Your bank will be able to claim the money back for you if it was visa.

But to be honest I'd never give anyone access to a recurring payment on a credit card as you are not covered by the rules of the direct debit guarantee that way. also the only way you'll be able to stop them doing it again now is to request a new card so the old number won't work.

If you have the email I'd print it out, take it in and cause a stink.

Good luck!


----------



## Ginger Ben (Oct 5, 2010)

BatemanLondon said:


> Cancelled my mebership in July which was agreed pay as you go , they have now taken another 3 months out and refusing to give it back because I cant find the canel slip.
> 
> I pay a month in advance , that was it, why take it out ?
> 
> ...


Not good to hear, will be trying to cancel my annual contract with them sometime in the next few months. Will certainly be cancelling the direct debit at the bank and then going in to speak to gymbox.


----------



## -Jack- (Sep 28, 2009)

I'm a member of that place. I do it all with cash.


----------



## BB_999 (Feb 20, 2006)

Gymbox??? Never heard of it, what is it?


----------



## BatemanLondon (Jun 14, 2011)

Ok, lets summarise , this it ... they pretty much ****ed me

Well , I had an agreement to "Pay as you go" with these guys , I told them I wouldnt be training with them anymore and cancelled any agreement at the begining of July when my payment came out (1st) , so thats 4 weeks notice. They send me an email last week saying it wasnt cancelled and I owe them 2 months because i cancelled it 1st of july , it has to be done calendar month so that now makes it 1st of August so I have to pay that as well , 1 day into august means I have to pay for that entire month. They already had julys so they took August aswell as September. This ****ed me off , ok take August but give me september back.. I went down and seen guy who said he will look to get me september back when i was sitting opposite him... then 3 hours later the pr**k send me the email below when i chase hime for a refund...
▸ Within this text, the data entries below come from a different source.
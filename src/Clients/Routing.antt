-- ===== src/Clients/Routing.antt =====
-- To whom the sending task of src/tcp_server/tcp_client_list.c sends.
use mathlib.Core.Path.{subst}
use cything.Prelude.{
  ℕ, ◌≡◌, ◌≢◌, refl, ap, sym, ◌∙◌, arith, true, false, ◌&&◌, not, some, List, [], ◌∷◌, ℤ, ◌==ℤ◌,
  ==ℤ_iff, inl, inr, Bool-cases, Option-cases, if◌then◌else◌,
}
use cything.Prelude.Bytes.{Bytes}
use cything.Session.{Session, Pool, find, find_slot}
use cything.Password
use cything.Policy.{sock_authenticated, authenticated}
use cything.Device.{Env, Device, Packet, send, update_slot}
use cything.Frame.{frame_send, frame_to}
use cything.Frame.Effects.{
  Replies, Replies-refl, frame_send-Replies, SamePool, SamePool-at, SameSession,
}
use cything.Clients.{parse_target, broadcast, route, response_target_everyone}

-- The packets for one socket.
unfoldable pub packets : ℤ → List Packet → List Packet
packets sock [] = []
packets sock (p ∷ out) = let rest = packets sock out in if p.to ==ℤ sock then p ∷ rest else rest

packets-send :
    (to sock : ℤ) (bytes : Bytes) (d : Device)
    → (to ==ℤ sock) ≡ false
    → packets sock (send to bytes d).out ≡ packets sock d.out
unfolding packets send
packets-send to sock bytes d n = rw n refl

packets-frame_to :
    (env : Env) (to sock : ℤ) (payload : Bytes) (i : ℕ) (d : Device)
    → (to ==ℤ sock) ≡ false
    → packets sock (frame_to env to payload i d).out ≡ packets sock d.out
unfolding frame_to packets send update_slot
packets-frame_to env to sock payload i d n = ground (arith, n)

-- What goes to one socket is no packet for another.
packets-frame_send :
    (env : Env) (to sock : ℤ) (payload : Bytes) (d : Device)
    → (to ==ℤ sock) ≡ false
    → packets sock (frame_send env to payload d).out ≡ packets sock d.out
unfolding frame_send
packets-frame_send env to sock payload d n = elim (Option-cases (find to d.pool)) [
  | inl e ↦ rw (frame_send, e) (packets-send to sock payload d n)
  | inr (i, e) ↦ rw (frame_send, e) (packets-frame_to env to sock payload i d n)
]

find_slot-SamePool : (sock : ℤ) (p q : Pool) → SamePool p q → find_slot sock q ≡ find_slot sock p
unfolding find_slot
find_slot-SamePool sock [] [] h = refl
find_slot-SamePool sock [] (t ∷ ts) h = elim h [ ]
find_slot-SamePool sock (s ∷ ss) [] h = elim h [ ]
find_slot-SamePool sock (s ∷ ss) (t ∷ ts) h =
    ground (arith, ap (λ (r : Session). r.sock) h.0.but_counter, find_slot-SamePool sock ss ts h.1)

find-SamePool : (sock : ℤ) (p q : Pool) → SamePool p q → find sock q ≡ find sock p
unfolding find
find-SamePool sock p q h = ground (arith, find_slot-SamePool sock p q h)

authenticated-SameSession : (s t : Session) → SameSession s t → authenticated t ≡ authenticated s
unfolding authenticated
authenticated-SameSession s t h = ap authenticated h.but_counter

-- A reply authenticates nobody.
pub sock_authenticated-Replies :
    (sock : ℤ) (d d' : Device)
    → Replies d d'
    → sock_authenticated sock d' ≡ sock_authenticated sock d
unfolding sock_authenticated
sock_authenticated-Replies sock d d' r = elim (Option-cases (find sock d.pool)) [
  | inl e ↦ rw (sock_authenticated, find-SamePool sock d.pool d'.pool r.same_pool, e) refl
  | inr (i, e) ↦
      rw (sock_authenticated, find-SamePool sock d.pool d'.pool r.same_pool, e)
        (authenticated-SameSession _ _ (SamePool-at i d.pool d'.pool r.same_pool))
]

-- One client of a broadcast to paired clients.
broadcast_one :
    (env : Env) (payload : Bytes) (dst sock : ℤ) (d : Device)
    → Password.is_set d.password ≡ true
    → sock_authenticated sock d ≡ false
    → (d' : Device)
    → d' ≡ (
        if true && (Password.is_set d.password && not (sock_authenticated dst d))
        then d
        else frame_send env dst payload d)
    → Replies d d' × (packets sock d'.out ≡ packets sock d.out)
broadcast_one env payload dst sock d p a d' e = elim (Bool-cases (dst ==ℤ sock)) [
  | inl q ↦
      let skipped : d' ≡ d = e ∙ rw ((==ℤ_iff dst sock).0 q, p, a) refl in
      (
        subst (λ x. Replies d x) (sym skipped) (Replies-refl d),
        ap (λ (x : Device). packets sock x.out) skipped,
      )
  | inr q ↦ elim (Bool-cases (sock_authenticated dst d)) [
    | inl k ↦
        let sent : d' ≡ frame_send env dst payload d = e ∙ rw (p, k) refl in
        (
          subst (λ x. Replies d x) (sym sent) (frame_send-Replies env dst payload d),
          ap (λ (x : Device). packets sock x.out) sent
              ∙ packets-frame_send env dst sock payload d q,
        )
    | inr k ↦
        let skipped : d' ≡ d = e ∙ rw (p, k) refl in
        (
          subst (λ x. Replies d x) (sym skipped) (Replies-refl d),
          ap (λ (x : Device). packets sock x.out) skipped,
        )
  ]
]

broadcast_paired :
    (env : Env) (payload : Bytes) (accounts : List ℤ) (sock : ℤ) (d : Device)
    → Password.is_set d.password ≡ true
    → sock_authenticated sock d ≡ false
    → packets sock (broadcast env true payload accounts d).out ≡ packets sock d.out
unfolding broadcast
broadcast_paired env payload [] sock d p a = refl
broadcast_paired env payload (dst ∷ accounts) sock d p a =
    let (r, e) = broadcast_one env payload dst sock d p a _ refl in
    broadcast_paired env payload accounts sock _ (ap Password.is_set r.same_password ∙ p)
      (sock_authenticated-Replies sock d _ r ∙ a)
    ∙ e

-- While a password is set, a client that has not authenticated is sent no line that is addressed to
-- the paired clients or to another socket: the sending task only gives it those that are addressed to
-- its own socket or to everyone.
pub route_private :
    (env : Env) (accounts : List ℤ) (line payload : Bytes) (target sock : ℤ) (d : Device)
    → parse_target line ≡ some (target, payload)
    → target ≢ response_target_everyone
    → target ≢ sock
    → Password.is_set d.password ≡ true
    → sock_authenticated sock d ≡ false
    → packets sock (route env accounts line d).out ≡ packets sock d.out
unfolding route
route_private env accounts line payload target sock d e n m p a = ground (
  arith,
  e,
  ==ℤ_iff target response_target_everyone,
  ==ℤ_iff target sock,
  broadcast_paired env payload accounts sock d p a,
  packets-frame_send env target sock payload d,
)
I now get this from Roger Morrad , Managager of Gymbox

*Afternoon,*

*
*

*
*

*
*

*
The membership is now closed and therefore any details held with us for guarantee purposes are removed, neither party has a copy of the membership cancellation so there wont be any funds returned but we will close the accountat the end of this month without any additional notice periods.*

*
*

*
*

*
*

*
Regards*Roger

robbing ****ing ****s, avoid these gyms... ****ers


----------



## BatemanLondon (Jun 14, 2011)

BigBennyM said:


> Not good to hear, will be trying to cancel my annual contract with them sometime in the next few months. Will certainly be cancelling the direct debit at the bank and then going in to speak to gymbox.


make sure you didnt give them your card details, thats how they took my money


----------



## Ahal84 (Jun 2, 2010)

Go to your bank now mate


----------



## Ginger Ben (Oct 5, 2010)

BatemanLondon said:


> make sure you didnt give them your card details, thats how they took my money


No just my direct debit information which I can cancel at the bank.
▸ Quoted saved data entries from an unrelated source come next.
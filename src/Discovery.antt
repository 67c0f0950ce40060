-- ===== src/Discovery.antt =====
-- How the device is found: the scan reply over UDP of src/udp_socket/udp_response_handler.c and
-- udp_server.c, the mDNS service of src/mdns/mdns_discovery.c, and the names of
-- src/wifi/wifi_info_handler.c.
pub mod Reply
pub mod Service
use cything.Prelude.{
  ℕ, ◌+◌, ◌-◌, ◌/◌, ◌%◌, Bool, true, false, ◌&&◌, not, Option, none, some, List, [], ◌∷◌, ◌++◌, ltb,
  leb, if◌then◌else◌, length, take, map,
}
use cything.Prelude.Bytes.{Bytes, codes, decimal, has_prefix}

-- What `provisioning_get_scan_fields` gives: the ids are empty and the state is "unprovisioned" on a
-- device without an identity.
pub record ScanFields : Type 0 where
  pub source_terminal_id : Bytes
  pub device_id : Bytes
  pub provision_state : Bytes

unfoldable pub scan_fields : Bool → Bytes → Bytes → ScanFields
scan_fields is_active source_terminal_id device_id =
    if is_active
    then record {
      source_terminal_id = take 39 source_terminal_id;
      device_id = take 39 device_id;
      provision_state = codes "claimed";
    }
    else record { source_terminal_id = []; device_id = []; provision_state = codes "unprovisioned" }

-- The configuration and the state that the texts report. `address` has the four bytes of `device_ip`.
pub record Facts : Type 0 where
  pub address : ℕ × (ℕ × (ℕ × ℕ))
  pub is_active : Bool
  pub source_terminal_id : Bytes
  pub device_id : Bytes
  pub device_name : Bytes
  pub device_type : Bytes
  pub firmware_version : Bytes
  pub hardware_version : Bytes
  pub channel_tag : Bytes
  pub claim_present : Bool
  pub password_set : Bool
  pub paired_count : ℕ
  pub mac : ℕ × (ℕ × ℕ)

-- `get_device_wifi_info`: `sprintf` with IPSTR, "%d.%d.%d.%d".
unfoldable pub device_wifi_info : ℕ × (ℕ × (ℕ × ℕ)) → Bytes
unfolding decimal
device_wifi_info a =
    decimal a.0
    ++ (b'.' ∷ (decimal a.1.0 ++ (b'.' ∷ (decimal a.1.1.0 ++ (b'.' ∷ decimal a.1.1.1)))))

-- The capabilities, in 40 bytes that hold all of them, with LOCAL_AUTH_ENFORCE on.
unfoldable pub provisioning_caps : Bool → Bool → Bytes
provisioning_caps claim_present password_set =
    codes "pake"
    ++ ((if claim_present then codes "|claim" else [])
        ++ ((if password_set then codes "|authreq" else codes "|nopw") ++ codes "|email"))

-- The nine fields of the reply.
unfoldable pub reply_fields : Facts → List Bytes
unfolding scan_fields device_wifi_info provisioning_caps
reply_fields f =
    let s = scan_fields f.is_active f.source_terminal_id f.device_id in
    device_wifi_info f.address
    ∷ s.source_terminal_id
    ∷ f.device_name
    ∷ f.device_type
    ∷ s.device_id
    ∷ s.provision_state
    ∷ f.firmware_version
    ∷ f.hardware_version
    ∷ provisioning_caps f.claim_present f.password_set
    ∷ []

-- The fields as "%s,%s,…".
unfoldable pub join_fields : List Bytes → Bytes
join_fields [] = []
join_fields (s ∷ []) = s
join_fields (s ∷ t ∷ rest) = s ++ (b',' ∷ join_fields (t ∷ rest))

-- `udp_get_info_response` into a buffer: the bytes before the NUL, and the length that it returns.
unfoldable pub udp_get_info_response : Facts → ℕ → Bytes × ℕ
unfolding reply_fields join_fields
udp_get_info_response f reply_size =
    let text = join_fields (reply_fields f) in
    (
      take (reply_size - 1) text,
      if leb reply_size (length text) then reply_size - 1 else length text,
    )

-- `processData`, with the part of the scan command that has to match: the reply, or none.
unfoldable pub process_data : Bytes → Bytes → Facts → ℕ → Option (Bytes × ℕ)
unfolding has_prefix udp_get_info_response
process_data rx command f reply_size =
    if has_prefix rx command then some (udp_get_info_response f reply_size) else none

-- A hexadecimal digit as "%X" prints it.
abbrev hex_digit : ℕ → ℕ
hex_digit n = if ltb n 10 then b'0' + n else b'A' + (n - 10)

abbrev hex_byte : ℕ → Bytes
hex_byte n = hex_digit (n / 16) ∷ hex_digit (n % 16) ∷ []

-- `wifi_get_unit_suffix` from the last three bytes of the address, and `wifi_get_ap_ssid` into a
-- buffer.
unfoldable pub unit_suffix : ℕ × (ℕ × ℕ) → Bytes
unit_suffix mac = hex_byte mac.0 ++ (hex_byte mac.1.0 ++ hex_byte mac.1.1)

unfoldable pub ap_ssid : Bytes → ℕ × (ℕ × ℕ) → ℕ → Bytes
unfolding unit_suffix
ap_ssid prefix mac size = take (size - 1) (prefix ++ unit_suffix mac)

-- The value of a flag in the TXT record.
abbrev flag : Bool → Bytes
flag b = if b then codes "1" else codes "0"

-- `build_txt`, with the tag as `load_channel_tag` cut it.
unfoldable pub build_txt : Bytes → Facts → List (Bytes × Bytes)
unfolding scan_fields
build_txt tag f =
    (codes "id", (scan_fields f.is_active f.source_terminal_id f.device_id).device_id)
    ∷ (codes "ch", tag)
    ∷ (codes "v", f.firmware_version)
    ∷ (codes "type", f.device_type)
    ∷ (codes "paired", flag (ltb 0 f.paired_count))
    ∷ (codes "pw", flag f.password_set)
    ∷ (codes "prov", flag f.is_active)
    ∷ []

-- `s_started` and `s_tag`, and what the responder holds: how often it was set up, and the TXT record of
-- its service, if it has one.
pub record Mdns : Type 0 where
  pub started : Bool
  pub tag : Bytes
  pub responders : ℕ
  pub service : Option (List (Bytes × Bytes))

-- The outcomes of `mdns_init`, of the setting up of the service, and of `mdns_service_txt_set`.
pub record MdnsEnv : Type 0 where
  pub init_ok : Bool
  pub setup_ok : Bool
  pub txt_ok : Bool

-- `mdns_discovery_start`.
unfoldable pub mdns_start : MdnsEnv → Facts → Mdns → Mdns
unfolding build_txt
mdns_start env f m =
    let tag = take 16 f.channel_tag in
    if m.started
    then m
    else if not env.init_ok
    then record m { tag = tag }
    else if not env.setup_ok
    then record m { tag = tag; service = none }
    else record {
      started = true;
      tag = tag;
      responders = m.responders + 1;
      service = some (build_txt tag f);
    }

-- `mdns_discovery_refresh`.
unfoldable pub mdns_refresh : MdnsEnv → Facts → Mdns → Mdns
unfolding build_txt
mdns_refresh env f m =
    if m.started && env.txt_ok then record m { service = some (build_txt m.tag f) } else m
Sorry to hear you got shafted by them, I actually think it's a good place in terms of facilities but things like this make you think again


----------



## Ginger Ben (Oct 5, 2010)

Rich-B said:


> Gymbox??? Never heard of it, what is it?
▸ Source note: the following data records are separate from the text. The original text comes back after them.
-- ===== src/Discovery/Reply.antt =====
-- The scan reply of src/udp_socket/udp_response_handler.c, as the app reads it.
use cything.Prelude.{
  take-append-drop, drop, ◌≤◌, ℕ, zero, suc, ◌-◌, ◌/◌, ◌<◌, ◌≡◌, ◌≢◌, refl, ap, ◌∙◌, arith, Bool,
  true, false, List, [], ◌∷◌, ◌++◌, ◌==◌, ltb, leb, if◌then◌else◌, length, take, take_of-le,
  length-take, Bool-cases, inl, inr,
}
use cything.Prelude.Bytes.{Bytes, codes, decimal, digits}
use cything.Prelude.Every.{Every, Every-append}
use cything.Discovery.{
  Facts, scan_fields, device_wifi_info, provisioning_caps, reply_fields, join_fields,
  udp_get_info_response,
}

-- A text without a comma.
abbrev pub NoComma : Bytes → Type 0
NoComma s = Every (λ c. c ≢ 44) s

-- The first of the fields, longer by a byte.
abbrev push_byte : ℕ → List Bytes → List Bytes
push_byte c [] = (c ∷ []) ∷ []
push_byte c (field ∷ rest) = (c ∷ field) ∷ rest

-- The fields of a line of comma-separated values.
unfoldable pub fields : Bytes → List Bytes
fields [] = [] ∷ []
fields (c ∷ s) = let rest = fields s in if c == 44 then [] ∷ rest else push_byte c rest

fields-plain : (s : Bytes) → NoComma s → fields s ≡ s ∷ []
unfolding fields
fields-plain [] h = refl
fields-plain (c ∷ s) h = ground (arith, h.0, fields-plain s h.1)

fields-comma : (s r : Bytes) → NoComma s → fields (s ++ (44 ∷ r)) ≡ s ∷ fields r
unfolding fields
fields-comma [] r h = refl
fields-comma (c ∷ s) r h = ground (arith, h.0, fields-comma s r h.1)

fields-join_fields :
    (x : Bytes) (xs : List Bytes)
    → NoComma x
    → Every NoComma xs
    → fields (join_fields (x ∷ xs)) ≡ x ∷ xs
unfolding join_fields
fields-join_fields x [] h k = fields-plain x h
fields-join_fields x (y ∷ xs) h k =
    fields-comma x (join_fields (y ∷ xs)) h ∙ ap (λ l. x ∷ l) (fields-join_fields y xs k.0 k.1)

digits-NoComma : (f n : ℕ) (acc : Bytes) → NoComma acc → NoComma (digits f n acc)
unfolding digits
digits-NoComma zero n acc h = h
digits-NoComma (suc f) n acc h = elim (Bool-cases (ltb n 10)) [
  | inl small ↦ rw (digits, small) ((λ e. omega arith), h)
  | inr large ↦ rw (digits, large) (digits-NoComma f (n / 10) _ ((λ e. omega arith), h))
]

decimal-NoComma : (n : ℕ) → NoComma (decimal n)
unfolding decimal
decimal-NoComma n = digits-NoComma (suc n) n [] tt

take-NoComma : (n : ℕ) (s : Bytes) → NoComma s → NoComma (take n s)
take-NoComma zero s h = tt
take-NoComma (suc n) [] h = tt
take-NoComma (suc n) (c ∷ s) h = (h.0, take-NoComma n s h.1)

-- The same as a test.
no_comma : Bytes → Bool
no_comma [] = true
no_comma (c ∷ s) = let rest = no_comma s in if c == 44 then false else rest

no_comma→NoComma : (s : Bytes) → no_comma s ≡ true → NoComma s
unfolding no_comma
no_comma→NoComma [] h = tt
no_comma→NoComma (c ∷ s) h = ((λ e. ground (arith, h, e)), no_comma→NoComma s (ground (arith, h)))

caps-NoComma : (claim set : Bool) → NoComma (provisioning_caps claim set)
unfolding provisioning_caps no_comma
caps-NoComma true true = no_comma→NoComma (provisioning_caps true true) refl
caps-NoComma true false = no_comma→NoComma (provisioning_caps true false) refl
caps-NoComma false true = no_comma→NoComma (provisioning_caps false true) refl
caps-NoComma false false = no_comma→NoComma (provisioning_caps false false) refl

address-NoComma : (a : ℕ × (ℕ × (ℕ × ℕ))) → NoComma (device_wifi_info a)
unfolding device_wifi_info
address-NoComma a = Every-append _ (decimal a.0) _ (decimal-NoComma a.0) (
  (λ e. cc),
  Every-append _ (decimal a.1.0) _ (decimal-NoComma a.1.0) (
    (λ e. cc),
    Every-append _ (decimal a.1.1.0) _ (decimal-NoComma a.1.1.0)
        ((λ e. cc), decimal-NoComma a.1.1.1),
  ),
)

-- The texts from the configuration and the identity have no comma of their own.
pub record IsPlain (f : Facts) : Type 0 where
  pub source_terminal_id : NoComma f.source_terminal_id
  pub device_id : NoComma f.device_id
  pub device_name : NoComma f.device_name
  pub device_type : NoComma f.device_type
  pub firmware_version : NoComma f.firmware_version
  pub hardware_version : NoComma f.hardware_version

scan_source-NoComma :
    (b : Bool) (s d : Bytes) → NoComma s → NoComma (scan_fields b s d).source_terminal_id
unfolding scan_fields
scan_source-NoComma true s d h = take-NoComma 39 s h
scan_source-NoComma false s d h = tt

scan_device-NoComma : (b : Bool) (s d : Bytes) → NoComma d → NoComma (scan_fields b s d).device_id
unfolding scan_fields
scan_device-NoComma true s d h = take-NoComma 39 d h
scan_device-NoComma false s d h = tt

scan_state-NoComma : (b : Bool) (s d : Bytes) → NoComma (scan_fields b s d).provision_state
unfolding scan_fields no_comma
scan_state-NoComma true s d = no_comma→NoComma (codes "claimed") refl
scan_state-NoComma false s d = no_comma→NoComma (codes "unprovisioned") refl

sent_length :
    (size : ℕ) (text : Bytes)
    → 0 < size
    → length (take (size - 1) text) ≡ (if leb size (length text) then size - 1 else length text)
sent_length size text some_space = ground (arith, some_space, length-take (size - 1) text)

-- Where the names, the ids, the type and the versions hold no comma, and the buffer is not empty: a
-- scan reply that fits the buffer is read by the app as the fields that the device meant; one that
-- does not fit is the beginning of the text that the buffer holds without its last byte. Either way
-- the length that is sent is that of the reply.
pub udp_get_info_response_lem :
    (f : Facts) (size : ℕ)
    → IsPlain f
    → 0 < size
    → (length (join_fields (reply_fields f)) < size
        → fields (udp_get_info_response f size).0 ≡ reply_fields f)
      × (size ≤ length (join_fields (reply_fields f))
          → (length (udp_get_info_response f size).0 ≡ size - 1)
            × ((rest : Bytes) × (udp_get_info_response f size).0 ++ rest
                  ≡ join_fields (reply_fields f)))
      × (length (udp_get_info_response f size).0 ≡ (udp_get_info_response f size).1)
unfolding udp_get_info_response reply_fields
udp_get_info_response_lem f size p some_space =
    let text = join_fields (reply_fields f) in
    let source =
      scan_source-NoComma f.is_active f.source_terminal_id f.device_id p.source_terminal_id in
    let device = scan_device-NoComma f.is_active f.source_terminal_id f.device_id p.device_id in
    let state = scan_state-NoComma f.is_active f.source_terminal_id f.device_id in
    let caps = caps-NoComma f.claim_present f.password_set in
    let read : fields text ≡ reply_fields f =
      fields-join_fields (device_wifi_info f.address) _ (address-NoComma f.address) (
        source,
        (
          p.device_name,
          (
            p.device_type,
            (device, (state, (p.firmware_version, (p.hardware_version, (caps, tt))))),
          ),
        ),
      ) in
    (
      λ fits. rw (take_of-le (size - 1) text (omega arith)) read,
      λ cut. (
        omega (arith, length-take (size - 1) text),
        (drop (size - 1) text, take-append-drop (size - 1) text),
      ),
      sent_length size text some_space,
    )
small chain of gyms in london


----------



## vduboli (Apr 1, 2011)

Rich-B said:


> Gymbox??? Never heard of it, what is it?


Its a gym....


----------



## Diegouru (Oct 31, 2010)

Never heard about that Gym...


----------



## lumix (Dec 13, 2009)

Good article on chargebacks here - http://www.which.co.uk/consumer-rights/sale-of-goods/your-rights-when-paying-by-credit-card/chargeback-on-credit-and-debit-cards/

And here -http://www.ehow.co.uk/list_6302309_procedures-filing-visa-chargeback.html

Hope you get your money back off the theiving fckurs!

J


----------



## Random181 (Oct 4, 2009)

Go to your bank and inform them that this money was fraudulently taken from your account as im presuming on this pay as you go contract you did not agree to any greater than a 1 month cooling off period, the bank will more than likely try and take the money back, but be prepared for threatening letters threatening legal action...


----------



## m575 (Apr 4, 2010)

pop down being as your still a member and borrow some weights that are roughly the same value as what they owe you. just an idea


----------



## puurboi (Feb 16, 2011)

This gets me nervous as i had a rolling monthly contract that i canceled in July, and i knew there was a months extra you had to pay so i canceled it then cos i was going to use it in August. Ill have to check my bank at the end of the month to make sure they didn't fúck me around... how can i cancel the direct debit to make 100% sure?


----------



## Singh01 (Jan 28, 2011)

Tell your bank to do an indemnity request, they should be able to take the money straight back out of the gyms account.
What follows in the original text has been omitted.